Updated: March 24, 2015 9:53:25 am
During one of his matches last year, Danish badminton player Viktor Axelsen watched as the coach of his Chinese opponent gave some advice to his player. The coach made no attempt to give his suggestions discretely. Confident that Axelsen wouldn’t be able to understand, the coach shouted his advice in Mandarin. Unfortunately though, Axelsen’s ears had pricked up as he realised what was being discussed. “The coach was telling the player that he need to play quicker. I knew that he was going to try and play faster so I had to slow down the game,” recalls Axelsen, a day before the start of the Yonex India Open Super Series, where he is seeded sixth.
The 21-year-old from Copenhaen has been studying Mandarin Chinese for a little over a year now.
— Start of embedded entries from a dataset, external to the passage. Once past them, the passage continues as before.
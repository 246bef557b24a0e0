-- ===== src/Awareness/Examples.antt =====
-- The presence of a device at concrete inputs.
use pinout.Prelude.{◌≡◌, refl, false, not, some, [], ◌∷◌, is_some}
use pinout.Awareness.{
  AwarenessStalenessConfig, seen, identified, online, stale, pending_enroll, transition_path,
  detour, can_transition, awareness_transitions, is_known_module,
}
use pinout.Awareness.Paths.{falls_from_online, transition_path-is_some}

-- `DEFAULT_STALENESS`
abbrev default_staleness : AwarenessStalenessConfig
default_staleness = record { stale_after_ms = 30_000; offline_after_ms = 120_000 }

down_the_ladder : transition_path pending_enroll seen ≡ some (identified ∷ seen ∷ [])
unfolding transition_path detour can_transition awareness_transitions
down_the_ladder = refl

unknown_lamp : is_known_module (some "unknown/lamp") ≡ false
unfolding is_known_module
unknown_lamp = refl

transition_path-is_some_example :
    is_some (transition_path stale online) ≡ not (falls_from_online stale online)
transition_path-is_some_example = transition_path-is_some stale online
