-- ===== src/Awareness/Staleness.antt =====
-- stateMachine.ts: what the sweep makes of devices that are not seen any more.
use pinout.Prelude.{ℕ, ◌≡◌, ◌||◌, none, arith, if◌then◌else◌, or_default}
use pinout.Awareness.{
  AwarenessState, seen, identified, pending_enroll, online, stale, offline, state_beq,
  awareness_transitions, can_transition, AwarenessStalenessConfig, unseen_for, evaluate_staleness,
}

-- The state of a device behind a sweep at `now`.
abbrev pub swept : AwarenessState → ℕ → ℕ → AwarenessStalenessConfig → AwarenessState
swept state last_seen now config = or_default (evaluate_staleness state last_seen now config) state

-- A sweep decides by the time that a device was last seen alone: it makes the device offline if it
-- was not seen for the longer time, and otherwise makes it stale if it was not seen for the shorter
-- one, unless it is offline already; else it leaves the state.
pub swept-eq :
    (state : AwarenessState) (last_seen now : ℕ) (config : AwarenessStalenessConfig)
    → swept state last_seen now config ≡ (
        if state_beq state offline || unseen_for last_seen now config.offline_after_ms
        then offline
        else if unseen_for last_seen now config.stale_after_ms
        then stale
        else state)
unfolding evaluate_staleness can_transition awareness_transitions
swept-eq seen last_seen now config = ground arith
swept-eq identified last_seen now config = ground arith
swept-eq pending_enroll last_seen now config = ground arith
swept-eq online last_seen now config = ground arith
swept-eq stale last_seen now config = ground arith
swept-eq offline last_seen now config = ground arith

-- A second sweep at the same time changes nothing.
pub evaluate_staleness-swept :
    (state : AwarenessState) (last_seen now : ℕ) (config : AwarenessStalenessConfig)
    → evaluate_staleness (swept state last_seen now config) last_seen now config ≡ none
unfolding evaluate_staleness can_transition awareness_transitions
evaluate_staleness-swept seen last_seen now config = ground arith
evaluate_staleness-swept identified last_seen now config = ground arith
evaluate_staleness-swept pending_enroll last_seen now config = ground arith
evaluate_staleness-swept online last_seen now config = ground arith
evaluate_staleness-swept stale last_seen now config = ground arith
evaluate_staleness-swept offline last_seen now config = ground arith
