-- ===== src/Scan/Image.antt =====
-- src/ec_slave.c, ec_slaves_scanning: the EEPROM of a slave is measured by its category headers and
-- read into the image, and the identity of the slave is taken from it.
use cherry_ecat.Prelude.{
  ℕ, zero, suc, ◌+◌, ◌*◌, ◌/◌, ◌%◌, List, [], ◌∷◌, ◌++◌, Bool, if◌then◌else◌, ◌==◌, ◌&&◌, not, ltb,
  read_u16, read_u32, bytes_u32, get_or, u16_mod, length,
}
use cherry_ecat.Exchange.{M, Errno, pure, block, ◌>>=◌, ◌>>◌, get, fail_if}
use cherry_ecat.Sii.{read}

-- What the header `sii_data` of a category at `sii_offset` makes of the offset, a uint16_t.
abbrev pub next_offset : ℕ → ℕ → ℕ
next_offset sii_offset sii_data = (sii_offset + 2 + sii_data / u16_mod % u16_mod) % u16_mod

-- The loop's condition: the type is not that of the end, and the offset is below EC_MAX_SII_SIZE.
abbrev pub goes_on : ℕ → ℕ → Bool
goes_on sii_data offset = not (sii_data % u16_mod == 0xFFFF) && ltb offset 4096

-- The loop over the category headers; each turn uses up an event.
unfoldable pub measure : ℕ → ℕ → ℕ → M ℕ
unfolding read
measure zero slave_index sii_offset = block
measure (suc fuel) slave_index sii_offset = do
  vs ← read slave_index sii_offset 4
  let sii_data = get_or vs 0 0
  let offset = next_offset sii_offset sii_data
  if goes_on sii_data offset then measure fuel slave_index offset else pure offset

-- EC_ALIGN_UP(sii_offset + 1, 2)
abbrev pub nwords : ℕ → ℕ
nwords sii_offset = (sii_offset + 1 + 1) / 2 * 2

abbrev pub dword_bytes : List ℕ → List ℕ
dword_bytes [] = []
dword_bytes (v ∷ vs) = bytes_u32 v ++ dword_bytes vs

-- The image, with sii_nwords words.
unfoldable pub read_image : Bool → ℕ → M (ℕ × List ℕ)
unfolding measure
read_image allocated slave_index = do
  w ← get
  sii_offset ← measure (suc (length w.events)) slave_index 0x40
  fail_if (not allocated) Errno.nomem
  vs ← read slave_index 0 (nwords sii_offset * 2)
  pure (nwords sii_offset, dword_bytes vs)

-- The fields of ec_sii_t that are not in a category; alias_address is the same as aliasaddr.
pub record Identity : Type 0 where
  pub aliasaddr : ℕ
  pub vendor_id : ℕ
  pub product_code : ℕ
  pub revision_number : ℕ
  pub serial_number : ℕ
  pub boot_rx_mailbox_offset : ℕ
  pub boot_rx_mailbox_size : ℕ
  pub boot_tx_mailbox_offset : ℕ
  pub boot_tx_mailbox_size : ℕ
  pub std_rx_mailbox_offset : ℕ
  pub std_rx_mailbox_size : ℕ
  pub std_tx_mailbox_offset : ℕ
  pub std_tx_mailbox_size : ℕ
  pub mailbox_protocols : ℕ

-- The words of the image by their numbers.
unfoldable pub identity : List ℕ → Identity
identity image = record {
  aliasaddr = read_u16 image (2 * 0x4);
  vendor_id = read_u32 image (2 * 0x8);
  product_code = read_u32 image (2 * 0xA);
  revision_number = read_u32 image (2 * 0xC);
  serial_number = read_u32 image (2 * 0xE);
  boot_rx_mailbox_offset = read_u16 image (2 * 0x14);
  boot_rx_mailbox_size = read_u16 image (2 * 0x15);
  boot_tx_mailbox_offset = read_u16 image (2 * 0x16);
  boot_tx_mailbox_size = read_u16 image (2 * 0x17);
  std_rx_mailbox_offset = read_u16 image (2 * 0x18);
  std_rx_mailbox_size = read_u16 image (2 * 0x19);
  std_tx_mailbox_offset = read_u16 image (2 * 0x1A);
  std_tx_mailbox_size = read_u16 image (2 * 0x1B);
  mailbox_protocols = read_u16 image (2 * 0x1C);
}
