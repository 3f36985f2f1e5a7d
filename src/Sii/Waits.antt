-- ===== src/Sii/Waits.antt =====
-- The waits of src/ec_sii.c: an access to the EEPROM has an end where finitely many sleeps end.
use cherry_ecat.Prelude.{
  ℕ, zero, suc, ◌+◌, ◌/◌, ◌%◌, ◌<◌, List, [], ◌∷◌, true, not, arith, length, if◌then◌else◌, ltb,
  leb, ◌==◌, sub_mod, u64_mod, read_u16, test_bit, u16_mod,
}
use cherry_ecat.Slave.{Slave}
use cherry_ecat.Exchange.{Io, Errno, pure, fail, ◌>>=◌, jiffies}
use cherry_ecat.Exchange.Facts.{
  Post, Post-next, Post-then, Post-if, Post-drop, Post-fail_if, Post-queue_ext_datagram,
}
use cherry_ecat.Sii.{
  sii_timeout_ns, assign_master, assign_pdi, check_once, poll_ready, read_dword, write_word,
  read_dwords, read, write_words, words, write,
}

pub Post-assign_master : (s : Slave) (w : Io) → Post 1 (length w.events) (assign_master s w)
unfolding assign_master
Post-assign_master s w = Post-queue_ext_datagram true _

pub Post-assign_pdi : (s : Slave) (w : Io) → Post 1 (length w.events) (assign_pdi s w)
unfolding assign_pdi
Post-assign_pdi s w = Post-queue_ext_datagram true _

Post-check_once : (s : Slave) (size : ℕ) (w : Io) → Post 1 (length w.events) (check_once s size w)
unfolding check_once
Post-check_once s size w =
    Post-next 1 0 (length w.events) _ _ (Post-queue_ext_datagram true _) λ _ a h.
      Post-then 0 (length a.events) _ _
        (Post-fail_if (test_bit (read_u16 a.datagram.buf 0) 13) Errno.sii a) λ _ b k. omega arith

Post-poll_ready :
    (fuel : ℕ) (s : Slave) (size start : ℕ) (w : Io)
    → length w.events < fuel
    → Post 0 (length w.events) (poll_ready fuel s size start w)
unfolding poll_ready
Post-poll_ready zero s size start w h = absurd (omega arith)
Post-poll_ready (suc fuel) s size start w h =
    Post-then 1 (length w.events) _ _ (Post-check_once s size w) λ busy a k.
      Post-if busy 0 (length a.events)
        (jiffies >>= λ now.
          if ltb sii_timeout_ns (sub_mod u64_mod now start)
          then fail Errno.timeout
          else poll_ready fuel s size start)
        (pure tt) a
        (Post-if (ltb sii_timeout_ns (sub_mod u64_mod (a.clock a.reads) start)) 0 (length a.events)
          (fail Errno.timeout) (poll_ready fuel s size start) _ tt
          (Post-poll_ready fuel s size start (record a { reads = a.reads + 1 }) (omega arith)))
        (omega arith)

Post-read_dword : (s : Slave) (o : ℕ) (w : Io) → Post 0 (length w.events) (read_dword s o w)
unfolding read_dword
Post-read_dword s o w = Post-then 1 (length w.events) _ _ (Post-queue_ext_datagram true _) λ _ a h.
    Post-then 0 (length a.events) _ _
      (Post-poll_ready (suc (length a.events)) s 10 (a.clock a.reads)
        (record a { reads = a.reads + 1 }) (omega arith))
      λ _ b k. omega arith

Post-write_word : (s : Slave) (o v : ℕ) (w : Io) → Post 0 (length w.events) (write_word s o v w)
unfolding write_word
Post-write_word s o v w =
    Post-then 1 (length w.events) _ _ (Post-queue_ext_datagram true _) λ _ a h.
      Post-then 0 (length a.events) _ _
        (Post-poll_ready (suc (length a.events)) s 2 (a.clock a.reads)
          (record a { reads = a.reads + 1 }) (omega arith))
        λ _ b k. Post-fail_if (test_bit (read_u16 b.datagram.buf 0) 14) Errno.sii b

pub Post-read_dwords :
    (n : ℕ) (s : Slave) (o : ℕ) (w : Io) → Post 0 (length w.events) (read_dwords n s o w)
unfolding read_dwords
Post-read_dwords zero s o w = omega arith
Post-read_dwords (suc n) s o w =
    Post-then 0 (length w.events) _ _ (Post-read_dword s (o % u16_mod) w) λ v a h.
      Post-then 0 (length a.events) _ _ (Post-read_dwords n s (o + 2) a) λ vs b k. omega arith

Post-write_words :
    (vs : List ℕ) (s : Slave) (o : ℕ) (w : Io) → Post 0 (length w.events) (write_words vs s o w)
unfolding write_words
Post-write_words [] s o w = omega arith
Post-write_words (v ∷ vs) s o w =
    Post-then 0 (length w.events) _ _ (Post-write_word s (o % u16_mod) v w)
      λ _ a h. Post-write_words vs s (o + 1) a

-- A read of the EEPROM has an end where finitely many sleeps end: it returns, or it sleeps on a datagram that no event
-- comes for any more.
pub read-Post : (i o n : ℕ) (w : Io) → Post 0 (length w.events) (read i o n w)
unfolding read
read-Post i o n w =
    Post-then 0 (length w.events) _ _ (Post-fail_if (not (n % 4 == 0)) Errno.inval w) λ _ a h.
      Post-then 0 (length a.events) _ _ (Post-fail_if (leb a.slave_count i) Errno.inval a) λ _ b k.
        Post-then 1 (length b.events) _ _ (Post-assign_master (a.slaves i) b) λ _ c p.
          Post-then 0 (length c.events) _ _ (Post-read_dwords (n / 4) (a.slaves i) o c) λ vs d q.
            Post-then 1 (length d.events) _ _ (Post-assign_pdi (a.slaves i) d) λ _ e r. omega arith

-- A write of the EEPROM has an end where finitely many sleeps end: it returns, or it sleeps on a datagram that no event
-- comes for any more.
pub write-Post :
    (i o : ℕ) (buf : List ℕ) (n : ℕ) (w : Io) → Post 0 (length w.events) (write i o buf n w)
unfolding write
write-Post i o buf n w =
    Post-then 0 (length w.events) _ _ (Post-fail_if (not (n % 2 == 0)) Errno.inval w) λ _ a h.
      Post-then 0 (length a.events) _ _ (Post-fail_if (leb a.slave_count i) Errno.inval a) λ _ b k.
        Post-then 1 (length b.events) _ _ (Post-assign_master (a.slaves i) b) λ _ c p.
          Post-then 0 (length c.events) _ _
            (Post-write_words (words (n / 2) buf 0) (a.slaves i) o c)
            λ _ d q. Post-drop 1 (length d.events) _ (Post-assign_pdi (a.slaves i) d)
It seems an obvious choice for the 6’5” at first. China dominates the sport globally with two of the players ranked in the top-3 of the men’s singles (Chen Long and Lin Dan) from the country. Axelsen seen as the most promising singles prospect from Denmark — he was the first European to win a junior world championship (in 2010), won a bronze at the senior Worlds’ last year and ranked 6th in the world is only behind Jan O Jorgensen (ranked 2) — would want to get every possible advantage to boost his game even further.
While it may help him with Chinese opponent’s strategy, that’s not the only reason Axelsen has been studying the language. “It is something I want to do for my future. But it is something that helps me communicate with a huge number of fans. It might help me get some sponsors from China and even help me out at the end of my career when I might be interested in coaching,” he says.
Indeed for Axelsen, learning a foreign language seems as natural as playing sport. “One of the main reasons you play is to improve yourself as an individual. I am lucky that I get to travel around the world playing a sport and meeting different people and cultures. Learning a new language isn’t any different than that,” he says.
Axelsen’s choice has helped to break down any barriers that may exist between players. While the Chinese are caricaturised as robotic and slightly distant, Axelsen insists its far from the case. “There is a saying that if you speak to someone in their second language, they speak from their head. But if you speak in their first language, then they speak to you from their heart,” he says.
“It isn’t that the Chinese players are aloof from the rest of the circuit. Once you speak to them in their language, they open up to you. For example in Switzerland GP Gold event last week I was able to talk to some of my opponents when we were coming down the elevator and we talked about the traffic. A lot of them are surprised when I speak to them in Mandarin but they appreciate the fact that I am able to do it,” he adds.
Axelsen has now taken his interest in the Chinese language to social media and has a Weibo account.
Support on Weibo
“I have about 30000 followers,” says Axelsen who by contrast has 8558 followers Weibo’s English language equivalent Twitter. “Most of them are very supportive. They say they appreciate the fact that I am learning their language while others say they hope I do well,” says Axelsen.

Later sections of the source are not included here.